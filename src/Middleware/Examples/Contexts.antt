-- ===== src/Middleware/Examples/Contexts.antt =====
-- Requests whose contexts are filled on the way.
use cascade_proxy.Common.{
  ℕ, ◌+◌, ◌-◌, ◌≡◌, refl, Option, none, some, List, [], ◌∷◌, ◌++◌, Text, ascii, text_eq, lookup,
  insert, or_else, has_prefix, trim_prefix, inl, inr, if◌then◌else◌,
}
use cascade_proxy.Http.{
  Request, WriteOp, Clock, set_header, write_header, write_body, get, set, response,
}
use cascade_proxy.Http.Canonical.{canonical}
use cascade_proxy.Middleware.Contexts.{
  Context, InContext, with_value, trace_id_key, text_value, trace_id_from_context,
  request_id_from_context, jwt_claims_from_context,
}
use cascade_proxy.Middleware.Contexts.{Value, jwt_context_key, request_id_key, value}
use cascade_proxy.Middleware.Contexts.Typed.{
  Alike, Has, Readable, Claimed, IsTyped-Readable, handlers_typed,
}
use cascade_proxy.Middleware.Contexts.Stack.{Guarded, handle-admits}
use cascade_proxy.Middleware.RequestId
use cascade_proxy.Middleware.RequestId.{id_of, tagged, request_id_header}
use cascade_proxy.Middleware.Jwt
use cascade_proxy.Middleware.Jwt.{Config, default_config, strip_scheme, parse_jwt}
use cascade_proxy.Middleware.Tracing
use cascade_proxy.Middleware.Tracing.{Line, trace_id_header}
use cascade_proxy.Middleware.Tracing.Traced.{handle-traced}

abbrev request : Request
request = record {
  method = ascii "GET";
  scheme = [];
  url_host = [];
  path = ascii "/users";
  raw_query = [];
  host = ascii "front";
  header = (ascii "Authorization", ascii "Bearer h.p.k" ∷ []) ∷ [];
  remote_addr = ascii "10.0.0.1:80";
  request_uri = ascii "/users";
  body = none;
}

-- The signature is the secret, and the claims are the payload, without times.
abbrev sign : Text → Text → Text
sign message key = key

abbrev plain : Text → Option Text
plain t = some t

abbrev no_number : Text → Text → Option ℕ
no_number name claims = none

-- The world counts the identifiers, and is the time.
abbrev new_id : ℕ → Text × ℕ
new_id w = (w ∷ [], w + 1)

abbrev clock : Clock ℕ
clock = record { now = λ w. w; sleep = λ d w. w + d }

abbrev traced : Context Text
traced = with_value trace_id_key (text_value (ascii "t")) []

-- A handler that says whose request this is.
abbrev who : InContext Text ℕ
who ctx r h w = (
  write_header 201
      ∷ write_body (request_id_from_context ctx ++ or_else (jwt_claims_from_context ctx) [])
      ∷ [],
  w + 3,
)

abbrev config : Config
config = default_config (ascii "k")

abbrev guarded : InContext Text ℕ
guarded = RequestId.handle new_id (Jwt.handle sign plain plain no_number (λ w. w) config who)

handle-admits_example :
    (inner : List WriteOp × ℕ) × ((guarded traced request [] 7).0
      ≡ set_header request_id_header (id_of request (7 ∷ [])) ∷ inner.0)
    × ((guarded traced request [] 7).1 ≡ inner.1)
    × Guarded sign plain plain no_number
        (λ w. w)
        config
        who
        (jwt_claims_from_context traced)
        (id_of request (7 ∷ []))
        (trace_id_from_context traced)
        (tagged (id_of request (7 ∷ [])) request)
        (set request_id_header (id_of request (7 ∷ [])) [])
        (if text_eq (get request_id_header request.header) [] then 8 else 7)
        inner
handle-admits_example =
    handle-admits sign plain plain no_number (λ w. w) new_id config who traced request [] 7

-- The run admits the request.
guarded_body : (response [] (guarded traced request [] 7).0).body ≡ 7 ∷ ascii "p"
unfolding RequestId.handle Jwt.handle strip_scheme parse_jwt response text_eq ascii lookup insert
    get set canonical request_id_from_context jwt_claims_from_context has_prefix trim_prefix
guarded_body = refl

abbrev run : List WriteOp × (List Line × ℕ)
run = Tracing.handle clock new_id who [] request [] ([], 7)

handle-traced_example :
    let id = Tracing.id_of request (7 ∷ []) in
    let behind : Context Text = with_value trace_id_key (text_value id) [] in
    let w1 : ℕ = if text_eq (get trace_id_header request.header) [] then 8 else 7 in
    let (ops, w2) = who behind request (set trace_id_header id []) w1 in
    let got = response [] run.0 in
    (◌≡◌ {A = Text} (trace_id_from_context behind) id)
    × (request_id_from_context behind ≡ request_id_from_context {C = Text} [])
    × (jwt_claims_from_context behind ≡ jwt_claims_from_context [])
    × (got ≡ response (set trace_id_header id []) ops)
    × (run.1.0
        ≡ record {
          trace_id = id;
          method = request.method;
          path = request.path;
          status = got.status;
          duration = w2 - w1;
        }
          ∷ [])
    × (run.1.1 ≡ w2)
handle-traced_example = handle-traced clock new_id who [] request [] [] 7 tt

-- The line has the status.
run_status : (response [] run.0).status ≡ 201
unfolding Tracing.handle response
run_status = refl

-- It does nothing where a string stands for the claims.
abbrev strict_on : Option (Value Text) → InContext Text ℕ
strict_on (some (text_value t)) ctx r h w = ([], w)
strict_on _ ctx r h w = who ctx r h w

abbrev strict : InContext Text ℕ
strict ctx r h w = strict_on (value jwt_context_key ctx) ctx r h w

strict-Alike : (P : Context Text → Type 0) → Alike P who strict
strict-Alike P ctx typed here r h w = elim (IsTyped-Readable ctx typed).2 [
  | inl none_ ↦ rw none_ refl
  | inr (c, found, _) ↦ rw found refl
]

handlers_typed_example :
    Readable traced
    × Alike (λ _. Unit) (RequestId.handle new_id who) (RequestId.handle new_id strict)
    × Alike (λ _. Unit) (Tracing.handle clock new_id who) (Tracing.handle clock new_id strict)
    × Alike
        (λ _. Unit)
        (Jwt.handle sign plain plain no_number (λ w. w) config who)
        (Jwt.handle sign plain plain no_number (λ w. w) config strict)
handlers_typed_example =
    handlers_typed sign plain plain no_number clock new_id config who strict traced
      (strict-Alike (Has request_id_key)) (strict-Alike (Has trace_id_key))
      (strict-Alike (Claimed sign plain plain no_number clock new_id config)) (tt, tt)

★ ★ ★ ★

What to produce:
Lines above that have "IsTyped": copy each of them.

Expected output:
  Alike, Has, Readable, Claimed, IsTyped-Readable, handlers_typed,
strict-Alike P ctx typed here r h w = elim (IsTyped-Readable ctx typed).2 [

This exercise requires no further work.